If anyone has more info on these, I would love to hear it.


----------



## compur (Mar 29, 2010)

Your Autocord has a fine lens -- comparable to to the Schndeider Xenar and 
Zeiss Tessar lenses found on some Rolleiflex cameras.  Many say it is even 
better. This camera is also just about as sought-after as the basic Rolleiflex 
models.  In mint condition they can fetch $200-$300 or more, the same price 
range as the Rolleiflex Automat cameras.

The broken focus lever on the Autocord is fairly common on some of these 
cameras as it was not very sturdy on some models.  I sold one with the same
fault recently on eBay as a "fixer-upper" and it went for over $100 "as is."


----------



## benhasajeep (Mar 30, 2010)

Hey cool an Argus.  Their HQ was about 3 blocks from my house when I was growing up.  Would walk or ride my bike past it on the way to downtown Ann Arbor, MI.  They had already given up on cameras by then though.  But the building is still called the Argus building and had some extensive remodeling done while I was in high school to.  I had no clue who or what they used to be until later on.


----------



## Mitica100 (Mar 30, 2010)

Here's a  website describing the restoration of the focusing lever on your Autocord:

*CLICK*


----------



## Mitica100 (Mar 30, 2010)

Also some notes on disassembly from Rick Oleson's site:

*CLICK*


----------



## Mitica100 (Mar 30, 2010)

And if you want to have someone else look at it and repair it:

karl.kathy@verizon.net

Check with Karl for rates. I don't know if he can address the meter but that's not vital, is it?


----------



## jeroen (Mar 31, 2010)

Thanks for the comments 

I shot a roll of 120 film with the Autocord today in the park using my dSLR's lightmeter for reference. I can pick up the negatives next week.

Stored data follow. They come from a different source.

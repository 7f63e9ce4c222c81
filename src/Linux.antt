-- ===== src/Linux.antt =====
-- pkg/plumbing/plumbing_linux.go: what the OVS attacher asks of the node. The calls of netlink,
-- netns, os/exec, net and the DHCP listener are the operations of `Kernel`, over a host state.
pub mod Kept
pub mod Trace
pub mod Links
pub mod Configure
pub mod Ovs
pub mod Servers
pub mod Bridge
pub mod Plumber
use kube_ovn_dra_driver.Prelude.{
  ℕ, zero, suc, String, ◌==◌, Bool, true, false, Option, none, some, List, [], ◌∷◌, Error, Result,
  ok, err, nat_eq, ltb,
}
use kube_ovn_dra_driver.Exec.{Exec}
use kube_ovn_dra_driver.Exec.Sealed.{◌>>=◌, ◌>>◌, wrapping, deferring}
use kube_ovn_dra_driver.Attach.Routes.{Ip, IpNet}
use kube_ovn_dra_driver.Dhcp.{Handler}

-- netlink.Link, with the attributes that the code reads.
pub record Link : Type 0 where
  pub name : String
  pub index : ℕ
  pub kind : String
  pub mac : List ℕ
  pub mtu : ℕ

-- netlink.Addr as ParseAddr gives it, and whether IFA_F_NODAD is set.
pub record Addr : Type 0 where
  pub ip : Ip
  pub ones : ℕ
  pub no_dad : Bool

-- A socket that works in the netns of the calling thread, or a netlink.Handle.
pub data Scope : Type 0 where
  thread : Scope
  handle : ℕ → Scope

-- A change that rtnetlink, or the tun device, is asked for.
-- `add_tap` has the mode TAP and the flags NO_PI, VNET_HDR and ONE_QUEUE, an owner and a group.
pub data Request : Type 0 where
  add_veth : String → String → Option ℕ → Request
  add_bridge : String → Request
  add_tap : String → ℕ → ℕ → Request
  delete set_up set_down : Link → Request
  set_mtu : Link → ℕ → Request
  set_name : Link → String → Request
  set_netns : Link → ℕ → Request
  set_mac : Link → List ℕ → Request
  set_master : Link → Link → Request
  set_learning : Link → Bool → Request
  add_addr : Link → Addr → Request
  add_route : Link → IpNet → Option Ip → Request

-- dhcpconn.NewServeIf: a packet connection, and the interface that it is limited to.
pub record Listener : Type 0 where
  pub iface : ℕ
  pub conn : ℕ

pub record Kernel (W : Type 0) : Type 0 where
  -- netns.GetFromPath, netns.Get, netns.Set and Close of an NsHandle
  pub open_netns : String → Exec W ℕ
  pub current_netns : Exec W ℕ
  pub enter_netns : ℕ → Exec W (Unit {0})
  pub close_netns : ℕ → W → W
  -- netlink.NewHandleAt and Close of a Handle
  pub open_handle : ℕ → Exec W ℕ
  pub close_handle : ℕ → W → W
  pub link_by_name : Scope → String → Exec W Link
  pub request : Scope → Request → Exec W (Unit {0})
  -- CombinedOutput of a command
  pub run : String → List String → W → (String × Option Error) × W
  -- net.InterfaceByName, ListenPacket with SO_REUSEADDR, SetControlMessage, Close
  pub interface_by_name : String → Exec W ℕ
  pub listen_packet : String → Exec W ℕ
  pub set_control_message : ℕ → Exec W (Unit {0})
  pub close_conn : ℕ → W → W
  pub close_listener : Listener → Exec W (Unit {0})
  -- go dhcp.Serve
  pub serve : Listener → Handler → W → W

-- What the code takes of the packages net, netlink and strings.
pub record Texts : Type 0 where
  pub parse_mac : String → Result (List ℕ)
  pub format_mac : List ℕ → String
  pub parse_addr : String → Result Addr
  pub parse_cidr : String → Result (Ip × List ℕ)
  pub error_text : Error → String
  pub to_lower : String → String
  pub has_text : String → String → Bool
  pub trim_space : String → String
  pub fields : String → List String

-- isExists: EEXIST, by its text.
unfoldable pub is_exists : Texts → Error → Bool
is_exists t e = t.has_text (t.to_lower (t.error_text e)) "file exists"

-- The deferred `_ = netns.Set(origNs); origNs.Close()`.
unfoldable pub leave : {W : Type 0} → Kernel W → ℕ → W → W
leave k orig w = k.close_netns orig (k.enter_netns orig w).1

module _ {W : Type 0} (k : Kernel W) {A : Type 0} where
  opened : (ℕ → W → W) → (Error → Exec W A) → (ℕ → Exec W A) → Result ℕ × W → Result A × W
  opened close failed body (err e, w) = failed e w
  opened close failed body (ok n, w) = deferring (close n) (body n) w

  -- ns, err := netns.GetFromPath(path); if err != nil { return failed }; defer ns.Close()
  unfoldable pub with_netns : String → (Error → Exec W A) → (ℕ → Exec W A) → Exec W A
  unfolding opened
  with_netns path failed body w = opened k.close_netns failed body (k.open_netns path w)

  -- h, err := netlink.NewHandleAt(ns); if err != nil { return failed }; defer h.Close()
  unfoldable pub with_handle : ℕ → (Error → Exec W A) → (ℕ → Exec W A) → Exec W A
  unfolding opened
  with_handle ns failed body w = opened k.close_handle failed body (k.open_handle ns w)

  -- Switch the locked thread into `ns`, and back when the function returns.
  unfoldable pub switched_to : ℕ → Exec W A → Exec W A
  unfolding leave
  switched_to ns body = wrapping "get current netns" [] k.current_netns >>= λ orig.
      deferring (leave k orig) (wrapping "switch to target netns" [] (k.enter_netns ns) >> body)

I'm afraid it does need a bit of restauration. The mechanism needs cleaning and although I can see a sharp image through the viewer, the focussing scale is way off. I have two left hands so all I can do is ruin my camera. But I also found an address of a specialized company that can do it for a reasonable price.

I'll keep you posted


----------



## Proteus617 (Apr 3, 2010)

The Argus 75 is a fun camera.  The shutters are a bit stiff and tend to jerk the camera sideways.  Careful bracing can result in surprisingly good photos.


----------



## jeroen (Apr 3, 2010)

I shot a roll of b&w film before I send my Autocord to a restorer yesterday. This is my favorite from the roll.


----------



## jeroen (Apr 4, 2010)

Here's one more. I have a roll of Kodachrome ready for when I get my camera back from restauration.


----------



## SusanMart (Apr 7, 2010)

I love the camera.....I think you should take pics OF it)))) but not with it..lol

It's like a piece of art) But I like your shots too)) did you photoshop them or changed colors.....what's the original color? because the fisrt shot seems a bit brownish))


----------



## jeroen (May 16, 2010)

I got my Autocord back from CLA and I shot a film with it that I should  get back in a few days. The guy that CLA'ed it also made a new focussing  knob and fixed the lightmeter. How cool is that? 
I'll post some results when I have my film back.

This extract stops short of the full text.